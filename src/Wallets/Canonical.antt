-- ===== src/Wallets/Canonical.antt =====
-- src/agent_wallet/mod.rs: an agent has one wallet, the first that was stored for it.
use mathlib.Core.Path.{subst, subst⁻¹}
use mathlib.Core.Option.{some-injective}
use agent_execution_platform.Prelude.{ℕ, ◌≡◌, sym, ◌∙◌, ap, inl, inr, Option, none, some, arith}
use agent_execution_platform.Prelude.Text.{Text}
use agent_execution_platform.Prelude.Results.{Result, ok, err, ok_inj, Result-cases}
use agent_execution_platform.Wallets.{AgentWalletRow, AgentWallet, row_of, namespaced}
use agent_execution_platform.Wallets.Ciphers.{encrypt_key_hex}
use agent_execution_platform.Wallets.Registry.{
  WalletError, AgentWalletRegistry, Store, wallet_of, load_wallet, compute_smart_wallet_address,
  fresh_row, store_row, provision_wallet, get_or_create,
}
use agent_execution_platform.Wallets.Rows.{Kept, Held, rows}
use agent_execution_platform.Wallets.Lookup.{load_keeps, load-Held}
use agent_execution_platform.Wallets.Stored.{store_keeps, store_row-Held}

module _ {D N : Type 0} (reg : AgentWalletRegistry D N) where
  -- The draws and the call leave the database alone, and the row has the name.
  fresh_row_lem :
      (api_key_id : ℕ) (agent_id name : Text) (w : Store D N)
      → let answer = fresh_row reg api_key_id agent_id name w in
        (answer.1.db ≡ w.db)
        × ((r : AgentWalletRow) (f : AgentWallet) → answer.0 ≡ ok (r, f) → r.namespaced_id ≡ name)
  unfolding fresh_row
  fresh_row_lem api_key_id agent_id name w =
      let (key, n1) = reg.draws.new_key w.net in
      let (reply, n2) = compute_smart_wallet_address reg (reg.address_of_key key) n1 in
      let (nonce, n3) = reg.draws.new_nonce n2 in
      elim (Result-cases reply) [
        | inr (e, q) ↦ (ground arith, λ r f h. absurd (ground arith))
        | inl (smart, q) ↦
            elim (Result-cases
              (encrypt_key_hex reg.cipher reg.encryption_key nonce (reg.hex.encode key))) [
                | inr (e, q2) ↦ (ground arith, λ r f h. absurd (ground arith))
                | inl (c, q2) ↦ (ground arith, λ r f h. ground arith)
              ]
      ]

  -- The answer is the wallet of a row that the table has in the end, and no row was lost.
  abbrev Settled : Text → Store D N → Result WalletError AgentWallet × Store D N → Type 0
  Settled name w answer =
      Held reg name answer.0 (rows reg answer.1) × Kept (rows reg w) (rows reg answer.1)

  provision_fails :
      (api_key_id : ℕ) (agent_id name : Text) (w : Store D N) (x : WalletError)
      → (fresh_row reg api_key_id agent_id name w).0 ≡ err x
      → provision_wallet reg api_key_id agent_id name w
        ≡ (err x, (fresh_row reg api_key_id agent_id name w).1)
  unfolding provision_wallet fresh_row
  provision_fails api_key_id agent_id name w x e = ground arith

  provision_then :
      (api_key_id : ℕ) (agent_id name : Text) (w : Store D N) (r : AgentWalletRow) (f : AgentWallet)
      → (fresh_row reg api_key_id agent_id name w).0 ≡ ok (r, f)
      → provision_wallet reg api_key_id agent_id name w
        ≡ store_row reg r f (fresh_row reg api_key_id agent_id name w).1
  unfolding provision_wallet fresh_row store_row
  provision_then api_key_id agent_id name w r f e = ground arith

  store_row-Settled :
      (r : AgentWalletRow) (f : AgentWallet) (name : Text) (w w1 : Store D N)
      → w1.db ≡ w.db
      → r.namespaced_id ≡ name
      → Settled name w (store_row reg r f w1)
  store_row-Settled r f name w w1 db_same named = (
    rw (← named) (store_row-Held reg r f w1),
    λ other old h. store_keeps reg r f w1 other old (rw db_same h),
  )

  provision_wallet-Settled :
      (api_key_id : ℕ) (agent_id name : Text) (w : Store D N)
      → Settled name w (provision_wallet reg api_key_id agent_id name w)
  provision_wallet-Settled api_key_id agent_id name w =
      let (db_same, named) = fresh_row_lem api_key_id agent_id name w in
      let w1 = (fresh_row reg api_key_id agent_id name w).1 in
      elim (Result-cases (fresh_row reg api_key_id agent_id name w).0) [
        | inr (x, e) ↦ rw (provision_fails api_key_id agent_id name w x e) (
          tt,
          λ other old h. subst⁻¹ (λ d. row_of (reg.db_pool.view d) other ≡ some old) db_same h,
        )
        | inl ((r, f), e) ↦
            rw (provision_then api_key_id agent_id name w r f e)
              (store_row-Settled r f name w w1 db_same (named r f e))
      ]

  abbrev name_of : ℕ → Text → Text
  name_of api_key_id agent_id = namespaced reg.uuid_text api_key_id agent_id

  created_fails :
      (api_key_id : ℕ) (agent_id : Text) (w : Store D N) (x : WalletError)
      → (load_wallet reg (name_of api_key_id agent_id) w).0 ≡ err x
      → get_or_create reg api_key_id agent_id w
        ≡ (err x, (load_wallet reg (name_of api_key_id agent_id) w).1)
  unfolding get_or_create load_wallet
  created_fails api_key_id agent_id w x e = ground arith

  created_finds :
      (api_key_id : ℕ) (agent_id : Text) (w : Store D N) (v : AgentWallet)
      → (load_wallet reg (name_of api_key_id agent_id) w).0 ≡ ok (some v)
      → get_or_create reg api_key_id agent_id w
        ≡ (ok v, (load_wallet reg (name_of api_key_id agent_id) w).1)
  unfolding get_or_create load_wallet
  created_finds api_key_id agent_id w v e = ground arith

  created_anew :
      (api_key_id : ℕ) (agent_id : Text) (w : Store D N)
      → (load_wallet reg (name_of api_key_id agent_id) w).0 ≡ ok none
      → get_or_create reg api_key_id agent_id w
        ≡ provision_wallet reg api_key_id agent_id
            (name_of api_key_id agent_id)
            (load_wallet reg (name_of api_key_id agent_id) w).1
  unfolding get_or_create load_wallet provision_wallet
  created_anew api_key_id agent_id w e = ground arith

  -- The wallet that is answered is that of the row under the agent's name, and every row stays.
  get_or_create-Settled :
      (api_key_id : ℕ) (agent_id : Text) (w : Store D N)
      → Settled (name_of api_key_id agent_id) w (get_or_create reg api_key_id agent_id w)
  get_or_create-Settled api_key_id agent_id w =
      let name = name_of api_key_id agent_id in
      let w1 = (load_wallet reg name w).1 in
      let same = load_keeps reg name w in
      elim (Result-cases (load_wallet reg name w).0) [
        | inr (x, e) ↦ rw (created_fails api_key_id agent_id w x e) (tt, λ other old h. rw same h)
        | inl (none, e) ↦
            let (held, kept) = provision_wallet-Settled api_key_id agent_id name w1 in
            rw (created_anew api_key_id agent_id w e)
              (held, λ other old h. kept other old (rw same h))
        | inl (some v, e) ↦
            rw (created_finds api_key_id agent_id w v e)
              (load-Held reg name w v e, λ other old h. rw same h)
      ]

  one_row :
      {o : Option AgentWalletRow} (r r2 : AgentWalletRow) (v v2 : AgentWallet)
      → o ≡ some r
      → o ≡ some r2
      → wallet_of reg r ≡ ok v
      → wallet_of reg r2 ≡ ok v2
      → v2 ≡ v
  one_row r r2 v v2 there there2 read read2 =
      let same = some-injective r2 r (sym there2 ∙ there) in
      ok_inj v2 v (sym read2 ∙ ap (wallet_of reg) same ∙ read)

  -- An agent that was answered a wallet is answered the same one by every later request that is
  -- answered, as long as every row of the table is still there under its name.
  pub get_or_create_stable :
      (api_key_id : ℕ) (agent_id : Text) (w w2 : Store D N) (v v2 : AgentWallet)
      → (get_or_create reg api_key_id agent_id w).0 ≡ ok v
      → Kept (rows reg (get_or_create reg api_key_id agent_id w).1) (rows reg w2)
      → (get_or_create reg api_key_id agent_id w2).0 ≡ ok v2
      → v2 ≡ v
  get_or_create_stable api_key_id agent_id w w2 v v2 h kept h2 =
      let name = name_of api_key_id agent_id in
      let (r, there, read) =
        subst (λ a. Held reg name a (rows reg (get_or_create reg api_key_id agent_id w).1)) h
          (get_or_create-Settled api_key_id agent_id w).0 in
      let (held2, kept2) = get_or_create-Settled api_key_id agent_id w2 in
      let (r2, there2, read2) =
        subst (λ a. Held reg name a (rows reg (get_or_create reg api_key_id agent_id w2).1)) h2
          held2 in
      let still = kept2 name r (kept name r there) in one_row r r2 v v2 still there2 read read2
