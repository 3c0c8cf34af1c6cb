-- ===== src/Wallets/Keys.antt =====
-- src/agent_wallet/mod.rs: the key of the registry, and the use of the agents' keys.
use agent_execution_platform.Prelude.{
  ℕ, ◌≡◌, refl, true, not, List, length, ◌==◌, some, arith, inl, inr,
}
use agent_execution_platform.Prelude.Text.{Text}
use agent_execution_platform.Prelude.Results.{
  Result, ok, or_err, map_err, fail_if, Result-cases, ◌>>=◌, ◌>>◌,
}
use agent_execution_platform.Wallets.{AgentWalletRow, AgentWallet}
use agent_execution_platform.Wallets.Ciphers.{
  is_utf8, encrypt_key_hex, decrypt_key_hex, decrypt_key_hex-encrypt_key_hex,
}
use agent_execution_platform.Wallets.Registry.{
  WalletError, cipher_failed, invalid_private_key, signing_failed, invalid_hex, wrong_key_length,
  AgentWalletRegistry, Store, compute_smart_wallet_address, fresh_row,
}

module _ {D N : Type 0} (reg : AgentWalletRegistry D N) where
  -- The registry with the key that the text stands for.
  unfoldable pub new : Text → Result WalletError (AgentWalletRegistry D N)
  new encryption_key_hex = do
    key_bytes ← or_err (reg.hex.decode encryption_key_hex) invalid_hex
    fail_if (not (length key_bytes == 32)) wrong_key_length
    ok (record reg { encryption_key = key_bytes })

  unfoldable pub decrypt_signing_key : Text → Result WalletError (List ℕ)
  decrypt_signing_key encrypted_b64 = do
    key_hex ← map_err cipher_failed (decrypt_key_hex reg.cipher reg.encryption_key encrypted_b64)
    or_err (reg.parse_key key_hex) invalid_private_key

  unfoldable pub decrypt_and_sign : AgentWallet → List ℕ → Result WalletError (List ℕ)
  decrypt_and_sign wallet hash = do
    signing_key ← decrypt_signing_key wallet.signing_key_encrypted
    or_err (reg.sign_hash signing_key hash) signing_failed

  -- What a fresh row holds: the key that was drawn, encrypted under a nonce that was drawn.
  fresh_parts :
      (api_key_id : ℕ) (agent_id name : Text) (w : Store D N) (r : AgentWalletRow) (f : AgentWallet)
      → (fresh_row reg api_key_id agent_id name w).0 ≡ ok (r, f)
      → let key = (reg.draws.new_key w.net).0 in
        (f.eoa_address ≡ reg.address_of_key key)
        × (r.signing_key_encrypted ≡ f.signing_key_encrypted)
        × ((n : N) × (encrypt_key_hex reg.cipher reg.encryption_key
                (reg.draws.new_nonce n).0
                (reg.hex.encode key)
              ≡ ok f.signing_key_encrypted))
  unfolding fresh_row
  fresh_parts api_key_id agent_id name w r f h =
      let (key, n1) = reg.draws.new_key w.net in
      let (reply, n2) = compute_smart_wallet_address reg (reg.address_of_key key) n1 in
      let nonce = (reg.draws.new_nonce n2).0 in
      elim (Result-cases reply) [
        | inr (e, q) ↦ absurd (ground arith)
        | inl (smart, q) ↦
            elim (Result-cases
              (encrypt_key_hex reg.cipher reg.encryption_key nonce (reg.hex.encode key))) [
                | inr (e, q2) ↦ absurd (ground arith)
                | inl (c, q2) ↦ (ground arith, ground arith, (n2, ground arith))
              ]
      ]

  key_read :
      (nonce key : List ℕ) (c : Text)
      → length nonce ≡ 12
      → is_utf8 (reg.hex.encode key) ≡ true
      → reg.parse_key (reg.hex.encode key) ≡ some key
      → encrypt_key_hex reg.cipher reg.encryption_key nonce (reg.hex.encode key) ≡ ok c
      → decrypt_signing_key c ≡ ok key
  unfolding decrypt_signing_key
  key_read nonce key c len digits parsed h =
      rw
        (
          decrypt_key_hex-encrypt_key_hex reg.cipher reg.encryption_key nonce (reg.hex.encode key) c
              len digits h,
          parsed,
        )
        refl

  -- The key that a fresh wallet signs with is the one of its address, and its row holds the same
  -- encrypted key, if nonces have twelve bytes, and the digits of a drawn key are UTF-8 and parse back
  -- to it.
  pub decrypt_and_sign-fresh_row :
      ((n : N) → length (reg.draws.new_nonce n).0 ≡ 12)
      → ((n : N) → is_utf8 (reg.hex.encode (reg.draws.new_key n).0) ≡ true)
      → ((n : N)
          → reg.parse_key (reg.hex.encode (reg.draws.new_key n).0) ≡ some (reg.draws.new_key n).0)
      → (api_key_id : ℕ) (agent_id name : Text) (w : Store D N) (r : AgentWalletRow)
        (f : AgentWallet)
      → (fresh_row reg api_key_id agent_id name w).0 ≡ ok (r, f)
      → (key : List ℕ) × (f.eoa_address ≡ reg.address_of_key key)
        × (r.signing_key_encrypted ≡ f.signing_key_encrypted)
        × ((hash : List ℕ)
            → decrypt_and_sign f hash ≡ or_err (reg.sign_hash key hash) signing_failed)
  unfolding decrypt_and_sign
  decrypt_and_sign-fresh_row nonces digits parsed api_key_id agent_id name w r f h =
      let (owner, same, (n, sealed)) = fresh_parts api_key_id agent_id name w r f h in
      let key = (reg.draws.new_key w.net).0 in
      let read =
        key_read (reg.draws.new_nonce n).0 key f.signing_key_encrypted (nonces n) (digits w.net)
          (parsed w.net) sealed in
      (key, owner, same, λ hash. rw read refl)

__________

_Required work_:
Please count, in the material above, the lines that hold the word "injective", and report only the total.

_Solution_:
2